[Extracted data entries]
════════════════

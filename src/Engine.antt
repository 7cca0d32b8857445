-- ===== src/Engine.antt =====
-- What the engine decides before and after it calls a tool, and its loop over the steps of a plan.
pub mod Errors
pub mod Registry
pub mod Authorization
pub mod DryRun
pub mod Refusals
pub mod Steps
pub mod Executor
pub mod Outcomes
pub mod Evidence
pub mod Validator
pub mod Planner
pub mod Hitl
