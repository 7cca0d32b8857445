-- ===== src/Plan.antt =====
-- The dataclasses of src/harness/engine/plan.py. The plan in a checkpoint's payload is
-- `asdict(plan)`, with the same fields.
use md_harness.Prelude.{ℕ, String, Option, List}
use md_harness.Json.{Members}

pub record PlanStep : Type 0 where
  pub id : String
  pub description : String
  pub action : String
  pub tool : Option String
  pub arguments : Members
  pub acceptance_criteria : List ℕ
  pub test_criteria : List ℕ
  pub depends_on : List String
  pub metadata : Members

pub record ExecutionPlan : Type 0 where
  pub goal : String
  pub steps : List PlanStep
  pub assumptions : List String
  pub risks : List String
  pub version : ℕ
  pub replanned_from : Option ℕ
  pub reason : Option String
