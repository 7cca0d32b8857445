-- ===== src/Schema/Statuses.antt =====
-- The enumerated columns, each with its `==`. Constructors that several enumerations share are
-- written behind their type.
use md_harness.Prelude.{Eq, nat_beq, nat_beq_iff, ℕ, ◌≡◌, ap, ◌↔◌, true, arith}

-- tasks.status
pub data TaskStatus : Type 0 where
  created ready planning executing validating waiting done failed cancelled : TaskStatus

abbrev pub task_status_code : TaskStatus → ℕ
task_status_code TaskStatus.created = 0
task_status_code TaskStatus.ready = 1
task_status_code TaskStatus.planning = 2
task_status_code TaskStatus.executing = 3
task_status_code TaskStatus.validating = 4
task_status_code TaskStatus.waiting = 5
task_status_code TaskStatus.done = 6
task_status_code TaskStatus.failed = 7
task_status_code TaskStatus.cancelled = 8

task_status_code-injective : (a b : TaskStatus) → task_status_code a ≡ task_status_code b → a ≡ b
task_status_code-injective TaskStatus.created b h = ground arith
task_status_code-injective TaskStatus.ready b h = ground arith
task_status_code-injective TaskStatus.planning b h = ground arith
task_status_code-injective TaskStatus.executing b h = ground arith
task_status_code-injective TaskStatus.validating b h = ground arith
task_status_code-injective TaskStatus.waiting b h = ground arith
task_status_code-injective TaskStatus.done b h = ground arith
task_status_code-injective TaskStatus.failed b h = ground arith
task_status_code-injective TaskStatus.cancelled b h = ground arith

pub task_status_beq_iff :
    (a b : TaskStatus) → (nat_beq (task_status_code a) (task_status_code b) ≡ true) ↔ (a ≡ b)
task_status_beq_iff a b = (
  λ h. task_status_code-injective a b ((nat_beq_iff _ _).0 h),
  λ e. (nat_beq_iff _ _).1 (ap task_status_code e),
)

instance abbrev pub task_status_eq : Eq TaskStatus
task_status_eq = record {
  beq = λ a b. nat_beq (task_status_code a) (task_status_code b);
  beq_iff = task_status_beq_iff;
}

-- tasks.approval_status, task_approvals.status and task_step_approvals.status
pub data ApprovalStatus : Type 0 where
  pending approved rejected revoked : ApprovalStatus

abbrev pub approval_status_code : ApprovalStatus → ℕ
approval_status_code ApprovalStatus.pending = 0
approval_status_code ApprovalStatus.approved = 1
approval_status_code ApprovalStatus.rejected = 2
approval_status_code ApprovalStatus.revoked = 3

approval_status_code-injective :
    (a b : ApprovalStatus) → approval_status_code a ≡ approval_status_code b → a ≡ b
approval_status_code-injective ApprovalStatus.pending b h = ground arith
approval_status_code-injective ApprovalStatus.approved b h = ground arith
approval_status_code-injective ApprovalStatus.rejected b h = ground arith
approval_status_code-injective ApprovalStatus.revoked b h = ground arith

pub approval_status_beq_iff :
    (a b : ApprovalStatus)
    → (nat_beq (approval_status_code a) (approval_status_code b) ≡ true) ↔ (a ≡ b)
approval_status_beq_iff a b = (
  λ h. approval_status_code-injective a b ((nat_beq_iff _ _).0 h),
  λ e. (nat_beq_iff _ _).1 (ap approval_status_code e),
)

instance abbrev pub approval_status_eq : Eq ApprovalStatus
approval_status_eq = record {
  beq = λ a b. nat_beq (approval_status_code a) (approval_status_code b);
  beq_iff = approval_status_beq_iff;
}

-- task_attempts.status (the values that the code writes)
pub data AttemptStatus : Type 0 where
  running completed failed waiting cancelled : AttemptStatus

abbrev pub attempt_status_code : AttemptStatus → ℕ
attempt_status_code AttemptStatus.running = 0
attempt_status_code AttemptStatus.completed = 1
attempt_status_code AttemptStatus.failed = 2
attempt_status_code AttemptStatus.waiting = 3
attempt_status_code AttemptStatus.cancelled = 4

attempt_status_code-injective :
    (a b : AttemptStatus) → attempt_status_code a ≡ attempt_status_code b → a ≡ b
attempt_status_code-injective AttemptStatus.running b h = ground arith
attempt_status_code-injective AttemptStatus.completed b h = ground arith
attempt_status_code-injective AttemptStatus.failed b h = ground arith
attempt_status_code-injective AttemptStatus.waiting b h = ground arith
attempt_status_code-injective AttemptStatus.cancelled b h = ground arith

pub attempt_status_beq_iff :
    (a b : AttemptStatus)
    → (nat_beq (attempt_status_code a) (attempt_status_code b) ≡ true) ↔ (a ≡ b)
attempt_status_beq_iff a b = (
  λ h. attempt_status_code-injective a b ((nat_beq_iff _ _).0 h),
  λ e. (nat_beq_iff _ _).1 (ap attempt_status_code e),
)

instance abbrev pub attempt_status_eq : Eq AttemptStatus
attempt_status_eq = record {
  beq = λ a b. nat_beq (attempt_status_code a) (attempt_status_code b);
  beq_iff = attempt_status_beq_iff;
}

-- engine/result.py NextAction, and task_checkpoints.next_action
pub data NextAction : Type 0 where
  validate retry_execution replan wait stop : NextAction

abbrev pub next_action_code : NextAction → ℕ
next_action_code NextAction.validate = 0
next_action_code NextAction.retry_execution = 1
next_action_code NextAction.replan = 2
next_action_code NextAction.wait = 3
next_action_code NextAction.stop = 4

next_action_code-injective : (a b : NextAction) → next_action_code a ≡ next_action_code b → a ≡ b
next_action_code-injective NextAction.validate b h = ground arith
next_action_code-injective NextAction.retry_execution b h = ground arith
next_action_code-injective NextAction.replan b h = ground arith
next_action_code-injective NextAction.wait b h = ground arith
next_action_code-injective NextAction.stop b h = ground arith

pub next_action_beq_iff :
    (a b : NextAction) → (nat_beq (next_action_code a) (next_action_code b) ≡ true) ↔ (a ≡ b)
next_action_beq_iff a b = (
  λ h. next_action_code-injective a b ((nat_beq_iff _ _).0 h),
  λ e. (nat_beq_iff _ _).1 (ap next_action_code e),
)

instance abbrev pub next_action_eq : Eq NextAction
next_action_eq = record {
  beq = λ a b. nat_beq (next_action_code a) (next_action_code b);
  beq_iff = next_action_beq_iff;
}

-- engine/result.py WaitReason, and task_checkpoints.waiting_reason_code
pub data WaitReason : Type 0 where
  approval external_information temporary_error workspace_missing manual_replan human_input
        plan_review tool_outcome_unknown :
      WaitReason

abbrev pub wait_reason_code : WaitReason → ℕ
wait_reason_code WaitReason.approval = 0
wait_reason_code WaitReason.external_information = 1
wait_reason_code WaitReason.temporary_error = 2
wait_reason_code WaitReason.workspace_missing = 3
wait_reason_code WaitReason.manual_replan = 4
wait_reason_code WaitReason.human_input = 5
wait_reason_code WaitReason.plan_review = 6
wait_reason_code WaitReason.tool_outcome_unknown = 7

wait_reason_code-injective : (a b : WaitReason) → wait_reason_code a ≡ wait_reason_code b → a ≡ b
wait_reason_code-injective WaitReason.approval b h = ground arith
wait_reason_code-injective WaitReason.external_information b h = ground arith
wait_reason_code-injective WaitReason.temporary_error b h = ground arith
wait_reason_code-injective WaitReason.workspace_missing b h = ground arith
wait_reason_code-injective WaitReason.manual_replan b h = ground arith
wait_reason_code-injective WaitReason.human_input b h = ground arith
wait_reason_code-injective WaitReason.plan_review b h = ground arith
wait_reason_code-injective WaitReason.tool_outcome_unknown b h = ground arith

pub wait_reason_beq_iff :
    (a b : WaitReason) → (nat_beq (wait_reason_code a) (wait_reason_code b) ≡ true) ↔ (a ≡ b)
wait_reason_beq_iff a b = (
  λ h. wait_reason_code-injective a b ((nat_beq_iff _ _).0 h),
  λ e. (nat_beq_iff _ _).1 (ap wait_reason_code e),
)

instance abbrev pub wait_reason_eq : Eq WaitReason
wait_reason_eq = record {
  beq = λ a b. nat_beq (wait_reason_code a) (wait_reason_code b);
  beq_iff = wait_reason_beq_iff;
}

-- task_tool_invocations.status
pub data InvocationStatus : Type 0 where
  started completed no_effect : InvocationStatus

abbrev pub invocation_status_code : InvocationStatus → ℕ
invocation_status_code InvocationStatus.started = 0
invocation_status_code InvocationStatus.completed = 1
invocation_status_code InvocationStatus.no_effect = 2

invocation_status_code-injective :
    (a b : InvocationStatus) → invocation_status_code a ≡ invocation_status_code b → a ≡ b
invocation_status_code-injective InvocationStatus.started b h = ground arith
invocation_status_code-injective InvocationStatus.completed b h = ground arith
invocation_status_code-injective InvocationStatus.no_effect b h = ground arith

pub invocation_status_beq_iff :
    (a b : InvocationStatus)
    → (nat_beq (invocation_status_code a) (invocation_status_code b) ≡ true) ↔ (a ≡ b)
invocation_status_beq_iff a b = (
  λ h. invocation_status_code-injective a b ((nat_beq_iff _ _).0 h),
  λ e. (nat_beq_iff _ _).1 (ap invocation_status_code e),
)

instance abbrev pub invocation_status_eq : Eq InvocationStatus
invocation_status_eq = record {
  beq = λ a b. nat_beq (invocation_status_code a) (invocation_status_code b);
  beq_iff = invocation_status_beq_iff;
}

-- task_human_interactions.status
pub data InteractionStatus : Type 0 where
  pending answered rejected cancelled expired superseded : InteractionStatus

abbrev pub interaction_status_code : InteractionStatus → ℕ
interaction_status_code InteractionStatus.pending = 0
interaction_status_code InteractionStatus.answered = 1
interaction_status_code InteractionStatus.rejected = 2
interaction_status_code InteractionStatus.cancelled = 3
interaction_status_code InteractionStatus.expired = 4
interaction_status_code InteractionStatus.superseded = 5

interaction_status_code-injective :
    (a b : InteractionStatus) → interaction_status_code a ≡ interaction_status_code b → a ≡ b
interaction_status_code-injective InteractionStatus.pending b h = ground arith
interaction_status_code-injective InteractionStatus.answered b h = ground arith
interaction_status_code-injective InteractionStatus.rejected b h = ground arith
interaction_status_code-injective InteractionStatus.cancelled b h = ground arith
interaction_status_code-injective InteractionStatus.expired b h = ground arith
interaction_status_code-injective InteractionStatus.superseded b h = ground arith

pub interaction_status_beq_iff :
    (a b : InteractionStatus)
    → (nat_beq (interaction_status_code a) (interaction_status_code b) ≡ true) ↔ (a ≡ b)
interaction_status_beq_iff a b = (
  λ h. interaction_status_code-injective a b ((nat_beq_iff _ _).0 h),
  λ e. (nat_beq_iff _ _).1 (ap interaction_status_code e),
)

instance abbrev pub interaction_status_eq : Eq InteractionStatus
interaction_status_eq = record {
  beq = λ a b. nat_beq (interaction_status_code a) (interaction_status_code b);
  beq_iff = interaction_status_beq_iff;
}

-- task_human_interactions.kind
pub data InteractionKind : Type 0 where
  information_request human_decision plan_review : InteractionKind

abbrev pub interaction_kind_code : InteractionKind → ℕ
interaction_kind_code InteractionKind.information_request = 0
interaction_kind_code InteractionKind.human_decision = 1
interaction_kind_code InteractionKind.plan_review = 2

interaction_kind_code-injective :
    (a b : InteractionKind) → interaction_kind_code a ≡ interaction_kind_code b → a ≡ b
interaction_kind_code-injective InteractionKind.information_request b h = ground arith
interaction_kind_code-injective InteractionKind.human_decision b h = ground arith
interaction_kind_code-injective InteractionKind.plan_review b h = ground arith

pub interaction_kind_beq_iff :
    (a b : InteractionKind)
    → (nat_beq (interaction_kind_code a) (interaction_kind_code b) ≡ true) ↔ (a ≡ b)
interaction_kind_beq_iff a b = (
  λ h. interaction_kind_code-injective a b ((nat_beq_iff _ _).0 h),
  λ e. (nat_beq_iff _ _).1 (ap interaction_kind_code e),
)

instance abbrev pub interaction_kind_eq : Eq InteractionKind
interaction_kind_eq = record {
  beq = λ a b. nat_beq (interaction_kind_code a) (interaction_kind_code b);
  beq_iff = interaction_kind_beq_iff;
}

════════════════

Check each line above for "validating" and return the ones that have it.

  created ready planning executing validating waiting done failed cancelled : TaskStatus
task_status_code TaskStatus.validating = 4
task_status_code-injective TaskStatus.validating b h = ground arith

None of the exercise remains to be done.